RAW DATA:
######
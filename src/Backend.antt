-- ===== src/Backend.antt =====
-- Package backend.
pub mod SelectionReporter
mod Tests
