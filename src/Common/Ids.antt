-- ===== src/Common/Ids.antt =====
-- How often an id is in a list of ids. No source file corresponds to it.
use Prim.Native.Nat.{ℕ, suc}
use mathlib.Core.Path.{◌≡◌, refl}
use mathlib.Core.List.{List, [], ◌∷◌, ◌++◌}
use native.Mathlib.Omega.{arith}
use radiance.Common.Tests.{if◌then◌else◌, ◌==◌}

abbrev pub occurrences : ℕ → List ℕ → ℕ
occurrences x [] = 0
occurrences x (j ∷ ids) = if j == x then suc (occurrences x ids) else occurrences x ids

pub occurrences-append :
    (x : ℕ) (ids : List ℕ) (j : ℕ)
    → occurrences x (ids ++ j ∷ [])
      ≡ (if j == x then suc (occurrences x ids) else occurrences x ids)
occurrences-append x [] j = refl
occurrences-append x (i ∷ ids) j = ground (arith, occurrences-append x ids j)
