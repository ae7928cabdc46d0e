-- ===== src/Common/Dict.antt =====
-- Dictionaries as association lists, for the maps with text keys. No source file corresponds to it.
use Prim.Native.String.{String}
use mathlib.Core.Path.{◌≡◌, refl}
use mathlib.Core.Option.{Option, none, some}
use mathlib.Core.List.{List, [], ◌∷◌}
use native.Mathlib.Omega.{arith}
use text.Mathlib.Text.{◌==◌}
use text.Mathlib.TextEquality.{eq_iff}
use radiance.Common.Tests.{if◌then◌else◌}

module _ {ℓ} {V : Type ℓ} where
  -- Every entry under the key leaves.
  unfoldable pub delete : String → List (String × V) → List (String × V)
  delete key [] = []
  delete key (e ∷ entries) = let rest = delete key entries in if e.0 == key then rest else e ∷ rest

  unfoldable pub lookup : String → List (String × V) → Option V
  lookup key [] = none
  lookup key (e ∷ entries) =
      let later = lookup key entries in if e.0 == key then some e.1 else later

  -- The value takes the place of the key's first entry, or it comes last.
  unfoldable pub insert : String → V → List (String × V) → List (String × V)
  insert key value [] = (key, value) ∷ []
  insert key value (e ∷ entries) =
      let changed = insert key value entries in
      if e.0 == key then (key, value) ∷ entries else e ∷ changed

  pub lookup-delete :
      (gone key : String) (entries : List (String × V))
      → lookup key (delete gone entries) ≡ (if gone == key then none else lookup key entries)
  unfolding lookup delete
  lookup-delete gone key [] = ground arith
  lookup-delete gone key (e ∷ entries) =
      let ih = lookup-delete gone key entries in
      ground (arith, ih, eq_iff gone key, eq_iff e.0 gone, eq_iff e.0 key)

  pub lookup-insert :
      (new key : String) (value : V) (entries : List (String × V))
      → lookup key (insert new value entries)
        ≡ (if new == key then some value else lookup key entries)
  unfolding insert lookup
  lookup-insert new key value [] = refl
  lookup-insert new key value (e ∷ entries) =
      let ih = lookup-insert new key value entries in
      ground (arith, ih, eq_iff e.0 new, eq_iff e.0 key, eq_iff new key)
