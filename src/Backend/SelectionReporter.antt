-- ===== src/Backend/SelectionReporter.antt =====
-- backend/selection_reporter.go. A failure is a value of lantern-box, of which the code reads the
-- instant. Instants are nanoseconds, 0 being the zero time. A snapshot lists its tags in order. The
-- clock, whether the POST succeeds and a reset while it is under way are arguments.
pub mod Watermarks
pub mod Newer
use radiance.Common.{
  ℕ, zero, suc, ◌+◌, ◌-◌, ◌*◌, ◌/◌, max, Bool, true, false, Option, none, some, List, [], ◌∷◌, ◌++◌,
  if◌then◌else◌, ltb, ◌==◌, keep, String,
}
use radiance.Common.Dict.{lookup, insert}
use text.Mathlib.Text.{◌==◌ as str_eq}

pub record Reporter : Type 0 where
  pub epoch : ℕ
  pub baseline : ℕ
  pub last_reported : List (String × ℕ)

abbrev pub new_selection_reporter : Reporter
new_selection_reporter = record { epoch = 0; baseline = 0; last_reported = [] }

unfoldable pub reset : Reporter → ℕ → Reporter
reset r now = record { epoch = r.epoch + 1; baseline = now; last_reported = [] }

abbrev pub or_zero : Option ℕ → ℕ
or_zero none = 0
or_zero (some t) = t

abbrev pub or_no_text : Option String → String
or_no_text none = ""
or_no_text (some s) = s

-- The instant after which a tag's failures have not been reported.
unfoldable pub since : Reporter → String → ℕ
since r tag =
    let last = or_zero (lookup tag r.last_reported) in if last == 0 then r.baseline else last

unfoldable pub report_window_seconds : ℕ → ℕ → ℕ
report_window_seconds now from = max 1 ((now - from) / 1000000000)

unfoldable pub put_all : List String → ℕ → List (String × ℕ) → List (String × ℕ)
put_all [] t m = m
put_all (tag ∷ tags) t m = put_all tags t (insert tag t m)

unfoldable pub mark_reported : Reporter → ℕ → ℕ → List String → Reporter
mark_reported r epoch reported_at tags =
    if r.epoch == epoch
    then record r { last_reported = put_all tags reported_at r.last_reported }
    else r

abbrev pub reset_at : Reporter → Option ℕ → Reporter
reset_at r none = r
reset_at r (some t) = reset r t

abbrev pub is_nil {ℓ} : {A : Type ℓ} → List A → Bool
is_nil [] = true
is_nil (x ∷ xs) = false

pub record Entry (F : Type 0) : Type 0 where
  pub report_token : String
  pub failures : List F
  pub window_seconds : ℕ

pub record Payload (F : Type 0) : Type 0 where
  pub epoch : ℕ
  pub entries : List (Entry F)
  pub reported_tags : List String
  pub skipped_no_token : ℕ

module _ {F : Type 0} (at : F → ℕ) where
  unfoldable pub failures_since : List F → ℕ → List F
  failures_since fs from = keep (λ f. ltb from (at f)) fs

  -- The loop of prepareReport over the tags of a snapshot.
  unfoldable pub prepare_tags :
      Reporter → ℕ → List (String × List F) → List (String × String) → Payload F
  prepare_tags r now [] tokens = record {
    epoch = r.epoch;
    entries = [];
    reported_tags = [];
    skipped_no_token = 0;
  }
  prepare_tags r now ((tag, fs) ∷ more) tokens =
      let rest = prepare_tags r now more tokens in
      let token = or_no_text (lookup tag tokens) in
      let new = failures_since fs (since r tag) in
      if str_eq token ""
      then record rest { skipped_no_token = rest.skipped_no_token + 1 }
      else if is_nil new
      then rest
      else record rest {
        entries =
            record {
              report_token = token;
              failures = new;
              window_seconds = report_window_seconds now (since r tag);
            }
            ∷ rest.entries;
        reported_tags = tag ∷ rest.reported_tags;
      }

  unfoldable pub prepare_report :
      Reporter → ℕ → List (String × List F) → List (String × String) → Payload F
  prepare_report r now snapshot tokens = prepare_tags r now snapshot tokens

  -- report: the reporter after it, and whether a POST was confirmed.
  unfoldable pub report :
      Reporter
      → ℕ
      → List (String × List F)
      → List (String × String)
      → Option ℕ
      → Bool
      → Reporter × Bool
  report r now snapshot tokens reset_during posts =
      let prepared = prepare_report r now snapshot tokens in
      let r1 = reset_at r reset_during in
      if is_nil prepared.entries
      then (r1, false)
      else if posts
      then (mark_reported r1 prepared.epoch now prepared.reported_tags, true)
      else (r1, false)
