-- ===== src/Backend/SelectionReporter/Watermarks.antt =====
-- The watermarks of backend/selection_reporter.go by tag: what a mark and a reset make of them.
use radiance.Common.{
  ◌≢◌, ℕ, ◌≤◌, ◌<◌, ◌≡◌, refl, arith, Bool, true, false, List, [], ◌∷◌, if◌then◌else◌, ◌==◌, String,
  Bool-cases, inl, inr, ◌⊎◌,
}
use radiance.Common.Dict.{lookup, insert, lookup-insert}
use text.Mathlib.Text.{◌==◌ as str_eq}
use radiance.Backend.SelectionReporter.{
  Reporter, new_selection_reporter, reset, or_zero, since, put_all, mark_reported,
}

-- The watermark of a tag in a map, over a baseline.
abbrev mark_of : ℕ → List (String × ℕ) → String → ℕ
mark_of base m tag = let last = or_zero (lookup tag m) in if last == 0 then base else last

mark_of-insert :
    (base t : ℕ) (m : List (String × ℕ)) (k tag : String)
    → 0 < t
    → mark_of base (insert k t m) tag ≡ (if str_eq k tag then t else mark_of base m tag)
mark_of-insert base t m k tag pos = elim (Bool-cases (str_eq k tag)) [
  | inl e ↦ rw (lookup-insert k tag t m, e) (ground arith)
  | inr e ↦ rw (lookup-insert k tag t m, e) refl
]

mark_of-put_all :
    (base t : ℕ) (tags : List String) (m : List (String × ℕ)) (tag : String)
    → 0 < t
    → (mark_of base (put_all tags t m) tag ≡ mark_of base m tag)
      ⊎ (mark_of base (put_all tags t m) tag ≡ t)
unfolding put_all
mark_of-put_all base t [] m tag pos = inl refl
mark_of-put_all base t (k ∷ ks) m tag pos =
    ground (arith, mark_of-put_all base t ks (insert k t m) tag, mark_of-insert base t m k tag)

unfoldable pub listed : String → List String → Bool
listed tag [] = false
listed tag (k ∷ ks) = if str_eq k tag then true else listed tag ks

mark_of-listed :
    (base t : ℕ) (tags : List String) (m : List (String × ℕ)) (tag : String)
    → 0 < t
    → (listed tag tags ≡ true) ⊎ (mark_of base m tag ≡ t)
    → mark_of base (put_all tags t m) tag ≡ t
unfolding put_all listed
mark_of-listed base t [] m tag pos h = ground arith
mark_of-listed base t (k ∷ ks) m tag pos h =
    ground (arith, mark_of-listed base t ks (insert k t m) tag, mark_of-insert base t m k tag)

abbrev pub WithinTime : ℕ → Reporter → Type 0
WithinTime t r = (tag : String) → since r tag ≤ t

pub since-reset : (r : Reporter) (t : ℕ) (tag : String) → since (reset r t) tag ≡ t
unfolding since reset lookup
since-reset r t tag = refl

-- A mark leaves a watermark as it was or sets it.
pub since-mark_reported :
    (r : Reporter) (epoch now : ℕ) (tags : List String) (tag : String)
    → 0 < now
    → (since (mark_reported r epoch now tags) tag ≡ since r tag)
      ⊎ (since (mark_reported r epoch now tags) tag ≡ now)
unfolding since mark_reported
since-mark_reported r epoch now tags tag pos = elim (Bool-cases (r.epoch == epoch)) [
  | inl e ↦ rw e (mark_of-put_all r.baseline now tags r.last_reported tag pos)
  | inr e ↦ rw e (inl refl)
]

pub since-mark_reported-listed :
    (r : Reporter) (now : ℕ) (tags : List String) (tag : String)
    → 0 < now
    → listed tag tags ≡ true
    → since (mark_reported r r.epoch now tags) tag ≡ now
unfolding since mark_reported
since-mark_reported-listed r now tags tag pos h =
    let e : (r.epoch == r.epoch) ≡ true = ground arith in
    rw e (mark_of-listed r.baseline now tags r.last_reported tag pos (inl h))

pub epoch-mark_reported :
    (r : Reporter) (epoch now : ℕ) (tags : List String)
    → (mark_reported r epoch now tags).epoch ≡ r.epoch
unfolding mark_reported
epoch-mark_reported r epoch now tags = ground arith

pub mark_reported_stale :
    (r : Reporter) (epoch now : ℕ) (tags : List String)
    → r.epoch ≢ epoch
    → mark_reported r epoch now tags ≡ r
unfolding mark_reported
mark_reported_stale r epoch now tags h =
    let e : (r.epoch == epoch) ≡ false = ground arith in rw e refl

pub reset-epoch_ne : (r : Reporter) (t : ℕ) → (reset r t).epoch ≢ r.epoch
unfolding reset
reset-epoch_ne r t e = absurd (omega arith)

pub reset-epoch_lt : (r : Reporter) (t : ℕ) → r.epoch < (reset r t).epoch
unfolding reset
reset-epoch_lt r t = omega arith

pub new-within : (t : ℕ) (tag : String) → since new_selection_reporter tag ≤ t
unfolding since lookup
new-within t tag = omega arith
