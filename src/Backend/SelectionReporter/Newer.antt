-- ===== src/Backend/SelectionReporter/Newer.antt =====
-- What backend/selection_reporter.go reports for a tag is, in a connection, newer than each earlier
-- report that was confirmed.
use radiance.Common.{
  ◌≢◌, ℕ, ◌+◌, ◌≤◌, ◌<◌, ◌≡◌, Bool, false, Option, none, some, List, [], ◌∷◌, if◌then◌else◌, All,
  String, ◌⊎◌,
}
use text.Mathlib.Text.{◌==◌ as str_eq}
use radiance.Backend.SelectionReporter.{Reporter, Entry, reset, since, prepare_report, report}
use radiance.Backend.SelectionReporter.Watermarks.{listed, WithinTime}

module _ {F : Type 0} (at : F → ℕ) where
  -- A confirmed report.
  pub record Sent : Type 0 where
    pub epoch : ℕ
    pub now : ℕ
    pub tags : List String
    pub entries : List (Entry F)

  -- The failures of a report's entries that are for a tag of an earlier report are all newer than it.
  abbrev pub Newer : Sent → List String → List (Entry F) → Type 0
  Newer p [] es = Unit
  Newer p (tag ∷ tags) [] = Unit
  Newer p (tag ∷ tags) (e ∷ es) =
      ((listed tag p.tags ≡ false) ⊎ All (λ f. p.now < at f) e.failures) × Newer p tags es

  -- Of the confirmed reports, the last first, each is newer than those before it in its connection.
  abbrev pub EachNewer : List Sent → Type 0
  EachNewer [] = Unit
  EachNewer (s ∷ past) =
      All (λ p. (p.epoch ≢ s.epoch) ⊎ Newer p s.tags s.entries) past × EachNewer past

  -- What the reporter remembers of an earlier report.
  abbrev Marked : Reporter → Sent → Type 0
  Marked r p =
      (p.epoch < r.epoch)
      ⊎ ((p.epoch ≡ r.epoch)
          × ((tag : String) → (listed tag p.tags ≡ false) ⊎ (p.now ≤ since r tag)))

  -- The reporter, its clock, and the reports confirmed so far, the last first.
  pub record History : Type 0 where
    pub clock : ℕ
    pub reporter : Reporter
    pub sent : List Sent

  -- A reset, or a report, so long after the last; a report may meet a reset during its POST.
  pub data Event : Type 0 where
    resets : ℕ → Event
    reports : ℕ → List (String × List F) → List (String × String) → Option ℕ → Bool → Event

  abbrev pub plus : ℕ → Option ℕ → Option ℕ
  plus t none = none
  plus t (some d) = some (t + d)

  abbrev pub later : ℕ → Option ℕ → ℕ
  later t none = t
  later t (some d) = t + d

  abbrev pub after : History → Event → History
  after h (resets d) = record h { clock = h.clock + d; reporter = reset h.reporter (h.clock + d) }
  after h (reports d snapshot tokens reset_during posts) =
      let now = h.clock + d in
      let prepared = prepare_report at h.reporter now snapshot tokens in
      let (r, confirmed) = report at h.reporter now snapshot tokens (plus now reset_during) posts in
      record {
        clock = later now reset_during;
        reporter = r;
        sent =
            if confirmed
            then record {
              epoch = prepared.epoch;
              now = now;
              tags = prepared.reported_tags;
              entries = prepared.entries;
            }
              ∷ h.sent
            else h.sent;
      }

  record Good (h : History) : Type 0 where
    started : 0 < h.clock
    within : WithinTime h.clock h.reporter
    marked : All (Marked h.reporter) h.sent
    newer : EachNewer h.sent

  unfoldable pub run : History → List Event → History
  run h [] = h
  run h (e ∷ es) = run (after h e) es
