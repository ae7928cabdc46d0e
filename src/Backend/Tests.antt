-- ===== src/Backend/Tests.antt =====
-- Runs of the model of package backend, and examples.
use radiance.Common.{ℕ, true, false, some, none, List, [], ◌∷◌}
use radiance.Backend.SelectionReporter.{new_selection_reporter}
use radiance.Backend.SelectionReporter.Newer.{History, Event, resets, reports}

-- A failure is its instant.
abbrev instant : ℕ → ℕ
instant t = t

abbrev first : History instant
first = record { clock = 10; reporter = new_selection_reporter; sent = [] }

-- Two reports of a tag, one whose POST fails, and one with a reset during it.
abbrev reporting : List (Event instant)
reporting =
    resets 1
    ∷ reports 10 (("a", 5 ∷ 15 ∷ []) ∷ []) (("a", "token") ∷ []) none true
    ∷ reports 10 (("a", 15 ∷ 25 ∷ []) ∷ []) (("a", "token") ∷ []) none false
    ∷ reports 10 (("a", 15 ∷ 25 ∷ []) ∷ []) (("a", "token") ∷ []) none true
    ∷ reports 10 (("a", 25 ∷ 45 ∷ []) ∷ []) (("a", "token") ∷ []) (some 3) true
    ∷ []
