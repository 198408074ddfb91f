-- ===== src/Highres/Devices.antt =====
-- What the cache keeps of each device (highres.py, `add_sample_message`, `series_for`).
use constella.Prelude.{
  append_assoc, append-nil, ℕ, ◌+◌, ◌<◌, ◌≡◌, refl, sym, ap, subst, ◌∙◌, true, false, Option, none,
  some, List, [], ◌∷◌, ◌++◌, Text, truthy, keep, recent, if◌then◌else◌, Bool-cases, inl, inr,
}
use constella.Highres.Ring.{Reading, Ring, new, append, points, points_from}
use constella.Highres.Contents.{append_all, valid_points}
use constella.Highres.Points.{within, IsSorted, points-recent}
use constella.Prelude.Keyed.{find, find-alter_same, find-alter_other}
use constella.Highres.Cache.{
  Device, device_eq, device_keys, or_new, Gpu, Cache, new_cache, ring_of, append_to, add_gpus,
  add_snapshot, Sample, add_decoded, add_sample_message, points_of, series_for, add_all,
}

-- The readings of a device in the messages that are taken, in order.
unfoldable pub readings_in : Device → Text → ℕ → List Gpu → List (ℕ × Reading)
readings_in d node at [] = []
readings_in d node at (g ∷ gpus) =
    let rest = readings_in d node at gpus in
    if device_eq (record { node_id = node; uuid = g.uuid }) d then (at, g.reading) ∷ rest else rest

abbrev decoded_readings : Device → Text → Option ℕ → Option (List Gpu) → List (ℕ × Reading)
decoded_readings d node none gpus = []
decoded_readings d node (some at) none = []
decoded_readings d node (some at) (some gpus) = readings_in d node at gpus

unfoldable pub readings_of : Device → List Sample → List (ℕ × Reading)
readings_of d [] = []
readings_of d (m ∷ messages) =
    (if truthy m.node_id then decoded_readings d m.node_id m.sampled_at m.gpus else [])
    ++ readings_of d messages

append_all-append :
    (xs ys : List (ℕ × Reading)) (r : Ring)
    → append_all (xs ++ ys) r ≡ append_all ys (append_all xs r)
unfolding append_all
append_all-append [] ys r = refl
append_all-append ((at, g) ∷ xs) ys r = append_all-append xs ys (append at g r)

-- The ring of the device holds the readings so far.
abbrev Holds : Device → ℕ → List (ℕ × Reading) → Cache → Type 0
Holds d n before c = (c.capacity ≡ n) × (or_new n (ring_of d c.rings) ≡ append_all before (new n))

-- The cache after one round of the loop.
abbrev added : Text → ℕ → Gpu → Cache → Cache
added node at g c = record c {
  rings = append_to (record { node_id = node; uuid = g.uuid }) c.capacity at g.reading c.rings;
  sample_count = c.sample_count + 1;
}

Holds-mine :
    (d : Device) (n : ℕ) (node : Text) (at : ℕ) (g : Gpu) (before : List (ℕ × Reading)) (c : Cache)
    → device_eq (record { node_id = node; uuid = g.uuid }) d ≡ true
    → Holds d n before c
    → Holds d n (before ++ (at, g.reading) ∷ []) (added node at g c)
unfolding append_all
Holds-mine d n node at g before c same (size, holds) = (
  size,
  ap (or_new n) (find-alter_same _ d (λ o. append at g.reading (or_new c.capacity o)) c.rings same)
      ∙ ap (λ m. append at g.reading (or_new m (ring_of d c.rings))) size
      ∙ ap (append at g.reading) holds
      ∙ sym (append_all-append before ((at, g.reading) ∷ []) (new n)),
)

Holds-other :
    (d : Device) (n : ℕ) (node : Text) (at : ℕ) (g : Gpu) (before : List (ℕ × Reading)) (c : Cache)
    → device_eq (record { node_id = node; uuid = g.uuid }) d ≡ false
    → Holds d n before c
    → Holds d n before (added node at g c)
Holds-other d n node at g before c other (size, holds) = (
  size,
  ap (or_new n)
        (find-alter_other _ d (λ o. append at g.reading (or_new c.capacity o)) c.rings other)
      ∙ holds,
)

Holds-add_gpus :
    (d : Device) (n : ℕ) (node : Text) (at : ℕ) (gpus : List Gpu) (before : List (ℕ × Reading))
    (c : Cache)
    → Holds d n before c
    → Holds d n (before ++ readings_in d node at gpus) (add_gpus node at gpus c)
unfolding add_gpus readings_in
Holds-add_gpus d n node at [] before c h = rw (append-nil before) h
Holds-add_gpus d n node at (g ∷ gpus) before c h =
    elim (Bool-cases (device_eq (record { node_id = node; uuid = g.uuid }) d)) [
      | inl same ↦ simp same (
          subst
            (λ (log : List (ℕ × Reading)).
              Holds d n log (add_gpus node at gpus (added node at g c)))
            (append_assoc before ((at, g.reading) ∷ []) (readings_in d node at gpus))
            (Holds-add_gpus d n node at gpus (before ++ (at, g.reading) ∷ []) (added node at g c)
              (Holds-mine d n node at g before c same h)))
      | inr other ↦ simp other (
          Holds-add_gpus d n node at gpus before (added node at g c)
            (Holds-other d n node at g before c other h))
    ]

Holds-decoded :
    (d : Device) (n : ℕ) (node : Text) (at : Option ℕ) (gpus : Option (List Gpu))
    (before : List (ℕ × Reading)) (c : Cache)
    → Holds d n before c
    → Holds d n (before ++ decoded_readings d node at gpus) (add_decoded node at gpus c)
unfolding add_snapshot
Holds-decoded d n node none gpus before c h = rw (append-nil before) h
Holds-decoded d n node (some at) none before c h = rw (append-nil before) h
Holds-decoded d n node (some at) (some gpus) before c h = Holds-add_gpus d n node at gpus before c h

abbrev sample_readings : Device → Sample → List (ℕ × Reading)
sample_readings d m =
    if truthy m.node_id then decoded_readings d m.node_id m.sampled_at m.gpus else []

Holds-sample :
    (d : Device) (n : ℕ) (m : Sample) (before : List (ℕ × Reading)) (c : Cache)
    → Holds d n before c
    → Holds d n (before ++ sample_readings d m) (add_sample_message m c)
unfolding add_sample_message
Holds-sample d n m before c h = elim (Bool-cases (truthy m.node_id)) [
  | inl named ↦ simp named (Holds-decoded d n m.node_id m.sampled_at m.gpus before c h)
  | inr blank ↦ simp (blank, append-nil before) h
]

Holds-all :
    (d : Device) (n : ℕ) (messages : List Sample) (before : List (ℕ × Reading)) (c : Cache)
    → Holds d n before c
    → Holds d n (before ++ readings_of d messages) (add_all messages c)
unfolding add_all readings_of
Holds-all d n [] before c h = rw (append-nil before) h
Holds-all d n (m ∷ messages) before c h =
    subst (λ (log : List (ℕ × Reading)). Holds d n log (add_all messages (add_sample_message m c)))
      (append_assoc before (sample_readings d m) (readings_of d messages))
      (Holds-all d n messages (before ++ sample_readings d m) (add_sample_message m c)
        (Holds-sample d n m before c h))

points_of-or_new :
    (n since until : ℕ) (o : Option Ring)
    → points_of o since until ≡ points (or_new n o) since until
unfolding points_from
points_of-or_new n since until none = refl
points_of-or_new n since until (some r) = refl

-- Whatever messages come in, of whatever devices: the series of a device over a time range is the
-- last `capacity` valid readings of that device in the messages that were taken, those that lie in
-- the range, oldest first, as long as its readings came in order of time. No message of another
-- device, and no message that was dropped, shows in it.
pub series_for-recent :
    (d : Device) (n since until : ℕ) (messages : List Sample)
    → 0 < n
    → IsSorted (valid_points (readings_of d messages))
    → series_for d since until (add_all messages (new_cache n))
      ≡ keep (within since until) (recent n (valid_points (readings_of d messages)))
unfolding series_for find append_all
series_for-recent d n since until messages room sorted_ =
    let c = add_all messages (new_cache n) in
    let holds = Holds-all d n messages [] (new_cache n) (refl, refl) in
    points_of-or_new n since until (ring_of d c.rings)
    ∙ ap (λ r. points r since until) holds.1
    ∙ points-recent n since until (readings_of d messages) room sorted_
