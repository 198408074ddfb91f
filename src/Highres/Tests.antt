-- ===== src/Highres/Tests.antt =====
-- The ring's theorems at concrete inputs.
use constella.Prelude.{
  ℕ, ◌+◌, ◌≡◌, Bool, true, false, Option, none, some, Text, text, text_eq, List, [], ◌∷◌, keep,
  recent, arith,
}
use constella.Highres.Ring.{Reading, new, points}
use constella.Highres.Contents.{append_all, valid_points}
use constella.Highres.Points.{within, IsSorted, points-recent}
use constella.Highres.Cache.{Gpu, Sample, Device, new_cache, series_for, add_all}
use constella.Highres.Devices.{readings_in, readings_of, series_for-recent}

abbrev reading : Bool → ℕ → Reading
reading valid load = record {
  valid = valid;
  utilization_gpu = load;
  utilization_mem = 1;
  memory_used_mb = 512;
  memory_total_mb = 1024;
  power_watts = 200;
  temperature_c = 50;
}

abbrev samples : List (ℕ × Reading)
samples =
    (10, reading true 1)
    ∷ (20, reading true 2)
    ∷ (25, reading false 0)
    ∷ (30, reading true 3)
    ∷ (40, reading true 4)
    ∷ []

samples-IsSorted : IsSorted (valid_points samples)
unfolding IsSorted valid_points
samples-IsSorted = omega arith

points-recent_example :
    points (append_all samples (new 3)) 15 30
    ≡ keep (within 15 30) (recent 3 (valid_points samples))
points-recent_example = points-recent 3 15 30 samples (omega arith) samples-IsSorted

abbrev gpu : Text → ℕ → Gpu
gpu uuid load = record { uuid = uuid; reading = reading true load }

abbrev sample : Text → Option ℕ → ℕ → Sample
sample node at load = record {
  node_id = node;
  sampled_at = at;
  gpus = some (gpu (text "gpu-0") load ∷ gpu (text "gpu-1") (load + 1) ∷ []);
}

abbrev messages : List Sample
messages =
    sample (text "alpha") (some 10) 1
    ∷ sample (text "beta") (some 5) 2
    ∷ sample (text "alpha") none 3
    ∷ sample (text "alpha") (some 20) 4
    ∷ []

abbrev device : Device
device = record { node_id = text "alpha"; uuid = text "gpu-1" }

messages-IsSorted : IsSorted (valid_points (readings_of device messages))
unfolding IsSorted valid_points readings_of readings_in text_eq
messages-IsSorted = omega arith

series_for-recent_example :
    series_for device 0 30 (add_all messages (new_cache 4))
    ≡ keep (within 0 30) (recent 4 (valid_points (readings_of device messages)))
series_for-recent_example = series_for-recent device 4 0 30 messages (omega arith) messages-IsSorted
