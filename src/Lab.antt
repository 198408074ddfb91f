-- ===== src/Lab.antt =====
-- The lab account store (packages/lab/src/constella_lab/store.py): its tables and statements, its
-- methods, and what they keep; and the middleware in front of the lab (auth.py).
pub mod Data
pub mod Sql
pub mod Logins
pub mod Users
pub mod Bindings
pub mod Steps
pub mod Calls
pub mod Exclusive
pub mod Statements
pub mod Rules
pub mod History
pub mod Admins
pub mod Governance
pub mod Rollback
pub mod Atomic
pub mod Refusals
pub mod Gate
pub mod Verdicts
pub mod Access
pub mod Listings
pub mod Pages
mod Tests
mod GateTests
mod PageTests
######
EXERCISE PROMPT: Each line from the top of the records through the one with "occurrences x (j" should be returned exactly. Leave out everything else.

RESULT OF THE TASK:
filename src/Backend.antt
-- ===== src/Backend.antt =====
-- Package backend.
pub mod SelectionReporter
mod Tests
filename src/Common/Ids.antt
-- ===== src/Common/Ids.antt =====
-- How often an id is in a list of ids. No source file corresponds to it.
use Prim.Native.Nat.{ℕ, suc}
use mathlib.Core.Path.{◌≡◌, refl}
use mathlib.Core.List.{List, [], ◌∷◌, ◌++◌}
use native.Mathlib.Omega.{arith}
use radiance.Common.Tests.{if◌then◌else◌, ◌==◌}

abbrev pub occurrences : ℕ → List ℕ → ℕ
occurrences x [] = 0
occurrences x (j ∷ ids) = if j == x then suc (occurrences x ids) else occurrences x ids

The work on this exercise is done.